**DATA EXTRACTS**
Segment Open
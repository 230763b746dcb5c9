-- ===== src/Text/Cut.antt =====
-- `strings.Cut` at one byte, read backwards and forwards.
use mathlib.Core.Option
use router_docker.Prelude.{
  ℕ, ◌≡◌, refl, Bool, true, false, Option, none, some, [], ◌∷◌, ◌++◌, ◌==◌, ==_iff, arith,
}
use router_docker.Text.{Bytes, cut}
use router_docker.Text.Lines.{lacks}

pub cut-append :
    (sep : ℕ) (a b : Bytes) → lacks sep a ≡ true → cut sep (a ++ (sep ∷ b)) ≡ some (a, b)
unfolding cut lacks
cut-append sep [] b h = ground arith
cut-append sep (c ∷ a) b h = ground (arith, cut-append sep a b)

pub cut-eq-some :
    (sep : ℕ) (s a b : Bytes)
    → cut sep s ≡ some (a, b)
    → (s ≡ a ++ (sep ∷ b)) × (lacks sep a ≡ true)
unfolding cut lacks
cut-eq-some sep [] a b h = cc
cut-eq-some sep (c ∷ s) a b h =
    cut_case (c == sep) refl (cut sep s) refl h (λ x y. cut-eq-some sep s x y)
  where
    cut_case :
        (e : Bool)
        → (c == sep) ≡ e
        → (o : Option (Bytes × Bytes)) → cut sep s ≡ o
        → elim e as (λ _. Option (Bytes × Bytes)) [
          | true ↦ some ([], s)
          | false ↦ Option.map (λ (x, y). (c ∷ x, y)) o
        ]
          ≡ some (a, b)
        → ((x y : Bytes) → cut sep s ≡ some (x, y) → (s ≡ x ++ (sep ∷ y)) × (lacks sep x ≡ true))
        → (c ∷ s ≡ a ++ (sep ∷ b)) × (lacks sep a ≡ true)
    cut_case true e o f k ih = ground (arith, ==_iff c sep)
    cut_case false e none f k ih = cc
    cut_case false e (some (x, y)) f k ih = ground (arith, ih x y)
Segment Closed
**WORK TO BE COMPLETED**
Every line of the material above should be transcribed as it stands.

**RESULT FOR THIS TASK**
repository 230763b746dcb5c9
-- ===== src/Text/Cut.antt =====
-- `strings.Cut` at one byte, read backwards and forwards.
use mathlib.Core.Option
use router_docker.Prelude.{
  ℕ, ◌≡◌, refl, Bool, true, false, Option, none, some, [], ◌∷◌, ◌++◌, ◌==◌, ==_iff, arith,
}
use router_docker.Text.{Bytes, cut}
use router_docker.Text.Lines.{lacks}

pub cut-append :
    (sep : ℕ) (a b : Bytes) → lacks sep a ≡ true → cut sep (a ++ (sep ∷ b)) ≡ some (a, b)
unfolding cut lacks
cut-append sep [] b h = ground arith
cut-append sep (c ∷ a) b h = ground (arith, cut-append sep a b)

pub cut-eq-some :
    (sep : ℕ) (s a b : Bytes)
    → cut sep s ≡ some (a, b)
    → (s ≡ a ++ (sep ∷ b)) × (lacks sep a ≡ true)
unfolding cut lacks
cut-eq-some sep [] a b h = cc
cut-eq-some sep (c ∷ s) a b h =
    cut_case (c == sep) refl (cut sep s) refl h (λ x y. cut-eq-some sep s x y)
  where
    cut_case :
        (e : Bool)
        → (c == sep) ≡ e
        → (o : Option (Bytes × Bytes)) → cut sep s ≡ o
        → elim e as (λ _. Option (Bytes × Bytes)) [
          | true ↦ some ([], s)
          | false ↦ Option.map (λ (x, y). (c ∷ x, y)) o
        ]
          ≡ some (a, b)
        → ((x y : Bytes) → cut sep s ≡ some (x, y) → (s ≡ x ++ (sep ∷ y)) × (lacks sep x ≡ true))
        → (c ∷ s ≡ a ++ (sep ∷ b)) × (lacks sep a ≡ true)
    cut_case true e o f k ih = ground (arith, ==_iff c sep)
    cut_case false e none f k ih = cc
    cut_case false e (some (x, y)) f k ih = ground (arith, ih x y)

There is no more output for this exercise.